ENTRIES SUPPLIED below:

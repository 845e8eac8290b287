-- ===== src/KeepAlive/Removal.antt =====
-- The removal of a client that sends no heartbeat any more, and a new client on its socket.
use jira_game.Base.{
  ==_refl, >>=-eq-some, Option, ap, arith, contains, count, false, if◌then◌else◌, lookup,
  lookup-erase, ltb, none, refl, some, some_inj, subst, suc, true, zero, ℕ, ◌+◌, ◌==◌, ◌>>=◌, ◌||◌,
  ◌∙◌, ◌≡◌, ◌≤◌,
}
use jira_game.World.{World, on_cache}
use jira_game.Cache.{Entity, find_entity_room, get_entity, new_entity, set_entity}
use jira_game.Cache.Laws.{
  find_entity_room-erase_entity, get_entity-erase_entity, get_entity-set_entity,
}
use jira_game.Proto.{CurScene}
use jira_game.KeepAlive.{is_main_scene, is_wait_room, remove_client, start, timer_func, update_info}
use jira_game.JiraEvent.{remover_listenner}
use jira_game.KeepAlive.Silence.{Watched, entity_of_missing, one_round}

-- The timer's function, a number of times.
abbrev pub rounds : ℕ → ℕ → World → Option World
rounds zero a w = some w
rounds (suc n) a w = timer_func a w >>= λ w'. rounds n a w'

to_thirty :
    (m a s n : ℕ) (scene : CurScene) (w : World)
    → n + m ≡ 30
    → is_wait_room scene ≡ false
    → Watched a s scene n w
    → (w' : World) × (rounds m a w ≡ some w') × Watched a s scene 30 w'
to_thirty zero a s n scene w sum out h =
    (w, refl, subst (λ k. Watched a s scene k w) (omega arith) h)
to_thirty (suc m) a s n scene w sum out h =
    let (v, run, k) = one_round a s n scene w (omega arith) out h in
    let (w', rest, k') = to_thirty m a s (n + 1) scene v (omega arith) out k in
    (w', rw (run, ◌>>=◌) rest, k')

rounds-suc :
    (m a : ℕ) (w v w' : World)
    → rounds m a w ≡ some v
    → timer_func a v ≡ some w'
    → rounds (suc m) a w ≡ some w'
rounds-suc zero a w v w' run last = let e : w ≡ v = some_inj run in rw (e, last, ◌>>=◌) refl
rounds-suc (suc m) a w v w' run last =
    let (u, first, rest) = >>=-eq-some (timer_func a w) _ run in
    rw (first, ◌>>=◌) (rounds-suc m a u v w' rest last)

-- What the removal of a client leaves: no entity and no observer for its socket, and its info
-- freed; the map of the infos keeps the address, and no room changes.
pub record Removed (a s : ℕ) (w w' : World) : Type 0 where
  pub entities : (j : ℕ) → get_entity j w'.cache ≡ (if s == j then none else get_entity j w.cache)
  pub listeners : (j : ℕ) → lookup j w'.listeners ≡ (if s == j then none else lookup j w.listeners)
  pub freed : (j : ℕ) → lookup j w'.heap ≡ (if a == j then none else lookup j w.heap)
  pub infos : w'.keep_alive_info_map ≡ w.keep_alive_info_map
  pub rooms : (j : ℕ) → find_entity_room j w'.cache ≡ find_entity_room j w.cache
  pub sent : w'.sent ≡ w.sent

-- With thirty heartbeats missing, in whatever scene, the next call of the timer's function removes
-- the client, and sends nothing.
pub timer_func-Removed :
    (a s : ℕ) (scene : CurScene) (n : ℕ) (w : World)
    → Watched a s scene n w
    → 30 ≤ n
    → (w' : World) × (timer_func a w ≡ some w') × Removed a s w w'
unfolding timer_func remove_client remover_listenner
timer_func-Removed a s scene n w h full =
    let (e, found, count) = entity_of_missing s n w.cache h.counted in
    (
      remove_client s a w,
      rw (h.info, ◌>>=◌, found, count, not_three, not_ten, not_thirty) refl,
      record {
        entities = λ j. get_entity-erase_entity j s w.cache;
        listeners = λ j. lookup-erase j s w.listeners;
        freed = λ j. lookup-erase j a w.heap;
        infos = refl;
        rooms = λ j. find_entity_room-erase_entity j s w.cache;
        sent = refl;
      },
    )
  where
    not_three : ltb n 3 ≡ false
    not_three = ground arith

    not_ten : ltb n 10 ≡ false
    not_ten = ground arith

    not_thirty : ltb n 30 ≡ false
    not_thirty = ground arith

-- A client outside the hall with n missing heartbeats, 30 at most, that sends no more: the timer's
-- function returns 30 - n times in a row and leaves it with thirty missing, and the next call returns
-- and has removed it, as `Removed` says.
pub silent_client-Removed :
    (a s n m : ℕ) (scene : CurScene) (w : World)
    → n + m ≡ 30
    → is_wait_room scene ≡ false
    → Watched a s scene n w
    → (v w' : World) × (rounds m a w ≡ some v)
      × Watched a s scene 30 v
      × (rounds (suc m) a w ≡ some w')
      × Removed a s v w'
silent_client-Removed a s n m scene w sum out h =
    let (v, run, k) = to_thirty m a s n scene w sum out h in
    let (w', last, gone) = timer_func-Removed a s scene 30 v k (omega arith) in
    (v, w', run, k, rounds-suc m a w v w' run last, gone)

start_dangling :
    (a s : ℕ) (next : CurScene) (e : Entity) (w : World)
    → get_entity s w.cache ≡ some e
    → (is_wait_room next || is_main_scene next) ≡ true
    → lookup s w.keep_alive_info_map ≡ some a
    → lookup a w.heap ≡ none
    → start s next w ≡ none
unfolding start update_info contains
start_dangling a s next e w found seen mapped freed =
    rw (found, start, seen, update_info, mapped, contains, freed) refl

-- A new client on the socket of a removed one: its first heartbeat from the hall or from a game
-- writes to the freed info, which the map still has.
pub start_after_removal :
    (a s : ℕ) (scene next : CurScene) (n : ℕ) (w : World)
    → Watched a s scene n w
    → 30 ≤ n
    → lookup s w.keep_alive_info_map ≡ some a
    → (is_wait_room next || is_main_scene next) ≡ true
    → (w' : World) × (timer_func a w ≡ some w')
      × (start s next (on_cache (set_entity s (new_entity s)) w') ≡ none)
start_after_removal a s scene next n w h full mapped seen =
    let (w', run, gone) = timer_func-Removed a s scene n w h full in
    let again : get_entity s (set_entity s (new_entity s) w'.cache) ≡ some (new_entity s) =
      get_entity-set_entity s s (new_entity s) w'.cache
      ∙ rw (==_refl s, gone.entities s, ==_refl s) refl in
    let dangling : lookup a w'.heap ≡ none = gone.freed a ∙ rw (==_refl a) refl in
    let still : lookup s w'.keep_alive_info_map ≡ some a = ap (lookup s) gone.infos ∙ mapped in
    (
      w',
      run,
      start_dangling a s next (new_entity s) (on_cache (set_entity s (new_entity s)) w') again seen
          still dangling,
    )
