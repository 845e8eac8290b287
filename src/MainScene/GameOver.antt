-- ===== src/MainScene/GameOver.antt =====
-- `CMainScene::GameOver` of DNW_Server/Server/GameLogic/SceneChain/MainScene.cpp.
pub mod Outcome
use jira_game.Base.{List, Option, [], none, some, ℕ, ◌>>=◌, ◌∷◌}
use jira_game.World.{World}
use jira_game.Cache.{Cache, entity_room_remove_member, find_entity_room, get_entity, set_role_info}
use jira_game.Proto.{PlayerInfo}

abbrev pub out_of_room : PlayerInfo → PlayerInfo
out_of_room p = record p { room_id = 0 }

-- `GetEntity(elment.socket())->getRoleInfo()->set_roomid(0)` for each member, without a null check
unfoldable pub reset_members : List PlayerInfo → Cache → Option Cache
reset_members [] c = some c
reset_members (p ∷ ps) c = elim (get_entity p.socket c) [
  | none ↦ none
  | some e ↦ reset_members ps (set_role_info p.socket out_of_room c)
]

unfoldable pub game_over : ℕ → World → Option World
unfolding reset_members
game_over socket w = get_entity socket w.cache >>= λ e.
    let id = e.role_info.room_id in
    let reset : Option Cache = elim (find_entity_room id w.cache) [
      | none ↦ some w.cache
      | some room ↦ reset_members room.players w.cache
    ] in
    (reset >>= λ c. some (record w { cache = entity_room_remove_member id c }))
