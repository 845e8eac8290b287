-- ===== src/MainScene.antt =====
-- DNW_Server/Server/GameLogic/SceneChain/MainScene.cpp: the running game.
pub mod Rsync
pub mod GameOver
use jira_game.Base.{Option, if◌then◌else◌, some, ℕ}
use jira_game.World.{World}
use jira_game.Cache.{check_session_valid}
use jira_game.Proto.{GameMainMsgType, GameMainRequest}
use Rsync.{rsync}
use GameOver.{game_over}

-- `RsyncAttr` and `RsyncStatus` are the same code but for the type of their reply.
unfoldable pub dispatch : GameMainMsgType → ℕ → GameMainRequest → World → Option World
unfolding rsync game_over
dispatch GameMainMsgType.rsync_attr socket req w = rsync GameMainMsgType.rsync_attr socket req w
dispatch GameMainMsgType.rsync_status socket req w = rsync GameMainMsgType.rsync_status socket req w
dispatch GameMainMsgType.game_over socket req w = game_over socket w
dispatch _ socket req w = some w

unfoldable pub main_logic : ℕ → GameMainRequest → World → Option World
main_logic socket req w =
    if check_session_valid socket req.session_id w.cache
    then dispatch req.msg_type socket req w
    else some w
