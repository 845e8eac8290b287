-- ===== src/MainScene/GameOver/Outcome.antt =====
-- What the end of a game leaves.
use jira_game.Base.{
  ==_refl, >>=-eq-some, All, All-map, Bool-cases, List, Option, Option-cases, [], ap, inl, inr,
  map_some, none, refl, some, some_inj, subst, sym, ℕ, ◌==◌, ◌>>=◌, ◌∙◌, ◌∷◌, ◌≡◌,
}
use jira_game.Proto.{PlayerInfo, RoomInfo}
use jira_game.World.{World}
use jira_game.Cache.{
  Cache, Entity, entity_room_remove_member, find_entity_room, get_entity, set_role_info,
}
use jira_game.Cache.Laws.{
  find_entity_room-remove, get_entity-remove_member, get_entity-set_role_info,
}
use jira_game.MainScene.GameOver.{game_over, out_of_room, reset_members}

-- The entity of a socket, where there is one, names no room.
abbrev pub Released : ℕ → Cache → Type 0
Released s c = (e : Entity) → get_entity s c ≡ some e → e.role_info.room_id ≡ 0

Released-set : (j s : ℕ) (c : Cache) → Released j c → Released j (set_role_info s out_of_room c)
Released-set j s c h e he = elim (Bool-cases (s == j)) [
  | inl same ↦ of_map (get_entity j c) (rw (get_entity-set_role_info j s out_of_room c, same) at he)
  | inr other ↦ h e (rw (get_entity-set_role_info j s out_of_room c, other) at he)
]
  where
    of_map :
        (o : Option Entity)
        → map_some (λ e. record e { role_info = out_of_room e.role_info }) o ≡ some e
        → e.role_info.room_id ≡ 0
    of_map none k = absurd (cc k)
    of_map (some e') k = ap (λ v. v.role_info.room_id) (sym (some_inj k))

Released-self : (s : ℕ) (c : Cache) → Released s (set_role_info s out_of_room c)
Released-self s c e he =
    of_map (get_entity s c) (rw (get_entity-set_role_info s s out_of_room c, ==_refl s) at he)
  where
    of_map :
        (o : Option Entity)
        → map_some (λ e. record e { role_info = out_of_room e.role_info }) o ≡ some e
        → e.role_info.room_id ≡ 0
    of_map none k = absurd (cc k)
    of_map (some e') k = ap (λ v. v.role_info.room_id) (sym (some_inj k))

reset_members_keeps :
    (j : ℕ) (ps : List PlayerInfo) (c : Cache) {c' : Cache}
    → reset_members ps c ≡ some c'
    → Released j c
    → Released j c'
unfolding reset_members
reset_members_keeps j [] c h r = subst (Released j) (some_inj h) r
reset_members_keeps j (p ∷ ps) c h r = elim (Option-cases (get_entity p.socket c)) [
  | inl missing ↦ let no : none ≡ some _ = rw (missing, reset_members) at h in absurd (cc no)
  | inr (e, found) ↦
      reset_members_keeps j ps (set_role_info p.socket out_of_room c)
        (rw (found, reset_members) at h) (Released-set j p.socket c r)
]

reset_members-Released :
    (ps : List PlayerInfo) (c : Cache) {c' : Cache}
    → reset_members ps c ≡ some c'
    → All (λ p. Released p.socket c') ps
unfolding reset_members
reset_members-Released [] c h = tt
reset_members-Released (p ∷ ps) c {c'} h = elim (Option-cases (get_entity p.socket c)) [
  | inl missing ↦ let no : none ≡ some c' = rw (missing, reset_members) at h in absurd (cc no)
  | inr (e, found) ↦
      let rest : reset_members ps (set_role_info p.socket out_of_room c) ≡ some c' =
        rw (found, reset_members) at h in
      (
        reset_members_keeps p.socket ps _ rest (Released-self p.socket c),
        reset_members-Released ps _ rest,
      )
]

Released-remove :
    (j id : ℕ) (c : Cache) → Released j c → Released j (entity_room_remove_member id c)
Released-remove j id c h e he = h e (sym (get_entity-remove_member j id c) ∙ he)

-- A game that ends without a fault, for a client whose `PlayerInfo` names a room: the room is gone,
-- no member's entity names a room any more, and nothing is sent.
pub game_over-Released :
    (s : ℕ) (w w' : World) (e : Entity) (room : RoomInfo)
    → get_entity s w.cache ≡ some e
    → find_entity_room e.role_info.room_id w.cache ≡ some room
    → game_over s w ≡ some w'
    → (find_entity_room e.role_info.room_id w'.cache ≡ none)
      × All (λ p. Released p.socket w'.cache) room.players
      × (w'.sent ≡ w.sent)
unfolding game_over
game_over-Released s w w' e room he hr h =
    let id = e.role_info.room_id in
    let h' : (reset_members room.players w.cache >>= λ c.
    some (record w { cache = entity_room_remove_member id c }))
        ≡ some w' =
      rw (he, ◌>>=◌, hr) at h in
    let (c, hc, k) = >>=-eq-some (reset_members room.players w.cache) _ h' in
    (
      ap (λ v. find_entity_room id v.cache) (sym (some_inj k))
          ∙ rw (find_entity_room-remove id id c, ==_refl id) refl,
      subst (λ v. All (λ p. Released p.socket v.cache) room.players) (some_inj k)
          (All-map (λ p. Released-remove p.socket id c) room.players
            (reset_members-Released room.players w.cache hc)),
      ap (λ v. v.sent) (sym (some_inj k)),
    )
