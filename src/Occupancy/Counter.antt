-- ===== src/Occupancy/Counter.antt =====
-- `begin`, `updateCount` and `calculateStableCount`. A detection is a natural number: the source
-- would index its votes out of bounds with a negative one.
use forge_key.Prelude.{
  ℕ, zero, suc, ◌+◌, ◌%◌, Bool, true, false, ◌&&◌, List, [], ◌∷◌, ltb, leb, ◌==◌, if◌then◌else◌,
  modify, replicate,
}

-- struct OccupancyData, and the history beside it
pub record Counter : Type 0 where
  pub current_count : ℕ
  pub total_detected : ℕ
  pub last_update : ℕ
  pub changed : Bool
  pub history : List ℕ
  pub history_index : ℕ

unfoldable pub begin : ℕ → Counter
begin initial_count = record {
  current_count = initial_count;
  total_detected = 0;
  last_update = 0;
  changed = false;
  history = replicate 5 0;
  history_index = 0;
}

-- counts[i] after the loop over the history
unfoldable pub votes : ℕ → List ℕ → ℕ
votes i [] = 0
votes i (d ∷ ds) = (if leb d 5 && d == i then 1 else 0) + votes i ds

-- The loop from `i` on, for `rounds` counts, with maxCount and maxVotes.
unfoldable pub most_voted : ℕ → ℕ → List ℕ → ℕ → ℕ → ℕ
most_voted zero i history max_count max_votes = max_count
most_voted (suc rounds) i history max_count max_votes =
    let better = most_voted rounds (suc i) history i (votes i history) in
    let same = most_voted rounds (suc i) history max_count max_votes in
    if ltb max_votes (votes i history) then better else same

unfoldable pub calculate_stable_count : List ℕ → ℕ
unfolding most_voted votes
calculate_stable_count history = most_voted 6 0 history 0 0

unfoldable pub update_count : ℕ → ℕ → Counter → Counter
update_count now detected c =
    let history = modify c.history_index (λ _. detected) c.history in
    let stored = record c { history = history; history_index = (c.history_index + 1) % 5 } in
    let stable = calculate_stable_count history in
    if stable == c.current_count
    then record stored { changed = false }
    else record stored { changed = true; current_count = stable; last_update = now }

End of ENTRIES SUPPLIED.

▸ TASK: Only the lines above that hold "still" are wanted. Show every one of them.

▸ THE ANSWER:
-- writes to the freed info, which the map still has.
    let still : lookup s w'.keep_alive_info_map ≡ some a = ap (lookup s) gone.infos ∙ mapped in
          still dangling,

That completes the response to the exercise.